Pilar Lapuente estuvo muy dispuesta a colaborar con nosotras y nos escribió su biografía, en la que resaltó que pertenecía a la familia de los Esquiladores. También hablaba de sus logros académicos y del orgullo que sintieron sus vecinos cuando le concedieron una medalla de joven investigadora. Tanto que insistieron en que le dedicaran una calle.

El magisterio de Agustina Rodríguez

Pilar Almenar se llenaba de gozo cada vez que hablaba de su maestra, Agustina Rodríguez, que había nacido en una familia de labradores de un pueblo de Zamora.
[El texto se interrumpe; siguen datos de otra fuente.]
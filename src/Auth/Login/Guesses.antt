-- ===== src/Auth/Login/Guesses.antt =====
-- How often the code of an authenticator can be guessed.
use nyzrating.Prelude.{
  ℕ, ◌≡◌, refl, Bool, true, false, ◌&&◌, Option, none, some, List, [], ◌∷◌, All, ◌==◌, inl, inr,
  Bool-cases, sym, ap, ◌∙◌,
}
use nyzrating.Prelude.Text.{Text, truthy, or_empty}
use nyzrating.Users.{User, get_by_id}
use nyzrating.Auth.Tokens.{Jwt, Config}
use nyzrating.Auth.Sessions.{Sessions}
use nyzrating.Auth.TwoFactor.Attempts.{Attempt}
use nyzrating.Auth.TwoFactor.Counters.{same}
use nyzrating.Auth.TwoFactor.Pending.{get_user_id}
use nyzrating.Auth.TwoFactor.Authenticators.{get_enabled_secret}
use nyzrating.Auth.TwoFactor.Totp.{verify_authenticator_code}
use nyzrating.Auth.TwoFactor.Service.{TwoFactorService}
use nyzrating.Auth.Login.{
  AuthDb, LoginService, LoginInput, LoginResult, login_success, two_factor_required, refused,
  too_many_attempts, failed, after_create, issue_tokens, transaction,
}
use nyzrating.Auth.Login.Second.{
  authenticator_max_attempts, authenticator_window, authenticator_scopes,
  record_authenticator_failed, log_in, after_code, with_attempts, judge_authenticator,
  check_authenticator, login_step2,
}
use nyzrating.Auth.Login.Entry.{login}
use nyzrating.Auth.Login.Below.{AllBelow, any_blocked-below, recorded-AllBelow}

module _ {T : Type 0} (jwt : Jwt T) (config : Config) (svc : LoginService) (s : TwoFactorService)
    (user_id : ℕ) (secret : Text) where
  -- A second step for a user with an authenticator, and what the authenticator says of its code.
  pub record IsTry (verdict : Bool) (db : AuthDb) (inp : LoginInput) : Type 0 where
    pub has_service : svc.two_factor_service ≡ some s
    pub counts : s.has_attempt_repo ≡ true
    pub not_zero : user_id == 0 ≡ false
    pub has_secret : get_enabled_secret user_id db.authenticators ≡ some secret
    pub has_token : truthy (or_empty inp.pending_token) ≡ true
    pub has_code : truthy (or_empty inp.two_factor_code) ≡ true
    pub is_pending : get_user_id inp.now (or_empty inp.pending_token) db.pendings ≡ some user_id
    pub verdict_is :
        verify_authenticator_code svc.crypto inp.now secret (or_empty inp.two_factor_code)
        ≡ some verdict

  -- The login reaches the verdict.
  try-judged :
      (verdict : Bool) (db : AuthDb) (rows : List Attempt) (inp : LoginInput)
      → IsTry verdict db inp
      → AllBelow (authenticator_max_attempts s) rows
      → login jwt config svc inp (with_attempts jwt config svc db rows)
        ≡ transaction jwt config (with_attempts jwt config svc db rows) (
            judge_authenticator jwt config svc s inp
              (or_empty inp.pending_token)
              user_id
              (with_attempts jwt config svc db rows)
              (some verdict))
  unfolding login login_step2 check_authenticator
  try-judged verdict db rows inp t below =
      let free =
        any_blocked-below inp.now (authenticator_max_attempts s) (authenticator_window s)
          (authenticator_scopes user_id (or_empty inp.pending_token) inp.ip) rows below in
      simp (
        t.has_token, t.has_code, t.is_pending, t.has_service, t.not_zero, t.has_secret, t.counts,
        free, t.verdict_is, ◌&&◌,
      )

  transaction-result :
      (db : AuthDb) (x : LoginResult T × AuthDb) → (transaction jwt config db x).0 ≡ x.0
  unfolding transaction
  transaction-result db (login_success r, d) = refl
  transaction-result db (two_factor_required token challenge, d) = refl
  transaction-result db (refused, d) = refl
  transaction-result db (too_many_attempts, d) = refl
  transaction-result db (failed, d) = refl

  create-result :
      (inp : LoginInput) (user : User) (refresh : T) (u : Option Sessions) (d d' : AuthDb)
      → (after_create jwt config inp user refresh u d).0
        ≡ (after_create jwt config inp user refresh u d').0
  create-result inp user refresh none d d' = refl
  create-result inp user refresh (some u) d d' = refl

  -- What a login says depends on no count of attempts.
  log_in-result :
      (inp : LoginInput) (user : Option User) (d d' : AuthDb)
      → d.sessions ≡ d'.sessions
      → (log_in jwt config svc inp user d).0 ≡ (log_in jwt config svc inp user d').0
  unfolding issue_tokens
  log_in-result inp none d d' e = refl
  log_in-result inp (some user) d d' e = elim (Bool-cases user.is_active) [
    | inr inactive ↦ simp inactive
    | inl active ↦ simp (active, e) (create-result inp user _ _ d d')
  ]

  right-result :
      (db : AuthDb) (rows : List Attempt) (inp : LoginInput)
      → IsTry true db inp
      → AllBelow (authenticator_max_attempts s) rows
      → (login jwt config svc inp (with_attempts jwt config svc db rows)).0
        ≡ (log_in jwt config svc inp (get_by_id user_id db.users) db).0
  unfolding after_code
  right-result db rows inp t below =
      ap (λ x. x.0) (try-judged true db rows inp t below)
      ∙ transaction-result (with_attempts jwt config svc db rows) _
      ∙ simp t.counts (log_in-result inp (get_by_id user_id db.users) _ db refl)

  -- The counts below the limit that a wrong code leaves.
  wrong-rows :
      (db : AuthDb) (rows : List Attempt) (inp : LoginInput)
      → IsTry false db inp
      → AllBelow (authenticator_max_attempts s) rows
      → (left : List Attempt) × ((login jwt config svc inp (with_attempts jwt config svc db rows)).1
          ≡ with_attempts jwt config svc db left)
        × AllBelow (authenticator_max_attempts s) left
  unfolding transaction
  wrong-rows db rows inp t below =
      let recorded =
        record_authenticator_failed inp.now (authenticator_max_attempts s) (authenticator_window s)
          (authenticator_scopes user_id (or_empty inp.pending_token) inp.ip) rows in
      let judged = ap (λ x. x.1) (try-judged false db rows inp t below) in
      elim (Bool-cases recorded.0) [
        | inl blocked ↦ (rows, judged ∙ simp (t.counts, blocked), below)
        | inr free ↦ (
          recorded.1,
          judged ∙ simp (t.counts, free),
          recorded-AllBelow inp.now (authenticator_max_attempts s) (authenticator_window s)
              (authenticator_scopes user_id (or_empty inp.pending_token) inp.ip) rows below free,
        )
      ]

  -- The tables after logins, whatever they answer.
  unfoldable pub logins : List LoginInput → AuthDb → AuthDb
  logins [] db = db
  logins (inp ∷ inps) db = logins inps (login jwt config svc inp db).1

  wrong-logins :
      (db : AuthDb) (inps : List LoginInput) (rows : List Attempt)
      → All (IsTry false db) inps
      → AllBelow (authenticator_max_attempts s) rows
      → (left : List Attempt) × (logins inps (with_attempts jwt config svc db rows)
          ≡ with_attempts jwt config svc db left)
        × AllBelow (authenticator_max_attempts s) left
  unfolding logins
  wrong-logins db [] rows t below = (rows, refl, below)
  wrong-logins db (inp ∷ inps) rows t below =
      let (next, same, next_below) = wrong-rows db rows inp t.0 below in
      let (left, e, left_below) = wrong-logins db inps next t.1 next_below in
      (left, ap (logins inps) same ∙ e, left_below)

  -- From tables in which no count of attempts has reached the limit, any number of second steps
  -- with wrong authenticator codes for a user, at any times and from any addresses, leaves the
  -- answer to a step with a right code as it would have been at once: the failure that reaches
  -- the limit raises an exception, and that undoes its count.
  pub guesses_not_limited :
      (db : AuthDb) (guesses : List LoginInput) (inp : LoginInput)
      → AllBelow (authenticator_max_attempts s) db.factors.attempt_rows
      → All (IsTry false db) guesses
      → IsTry true db inp
      → (login jwt config svc inp (logins guesses db)).0 ≡ (login jwt config svc inp db).0
  guesses_not_limited db guesses inp below wrong right =
      let (left, e, left_below) = wrong-logins db guesses db.factors.attempt_rows wrong below in
      ap (λ d. (login jwt config svc inp d).0) e
      ∙ right-result db left inp right left_below
      ∙ sym (right-result db db.factors.attempt_rows inp right below)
Después de varios destinos, llegó a Santa Isabel donde se jubiló.

Agustina Rodríguez

Agustina Rodríguez, 1915.

En el año 1948 Agustina Rodríguez obtuvo el traslado a Santa Isabel. Cuando llegó no tenía local para dar clases ni tampoco vivienda. Construyó, con su marido, una casa escuela y la alquiló al Ayuntamiento. Dedicaron la planta baja a vivienda y usaron la primera como aula. Agustina fue un ejemplo más de los muchos maestros que dejaron lo mejor de sus vidas enseñando a los niños, aunque para ello tuvieran que realizar actos heroicos que nada tenían que ver con su profesión. Pero es que, además, la labor de Agustina dio grandes frutos. Desde su escuela unitaria preparó a muchas niñas para estudiar bachillerato. Con su buen hacer se convirtió en la maestra carismática del barrio.

El peso de la educación en Santa Isabel

Avelina Tovar

La semilla de Agustina germinó pronto y los vecinos quisieron rendir un homenaje a más maestras en sus calles. Entendieron lo importantes que son las genealogías para que la enseñanza cale en las gentes con buenos resultados. Por eso eligieron dos maestras de dos generaciones anteriores a Agustina.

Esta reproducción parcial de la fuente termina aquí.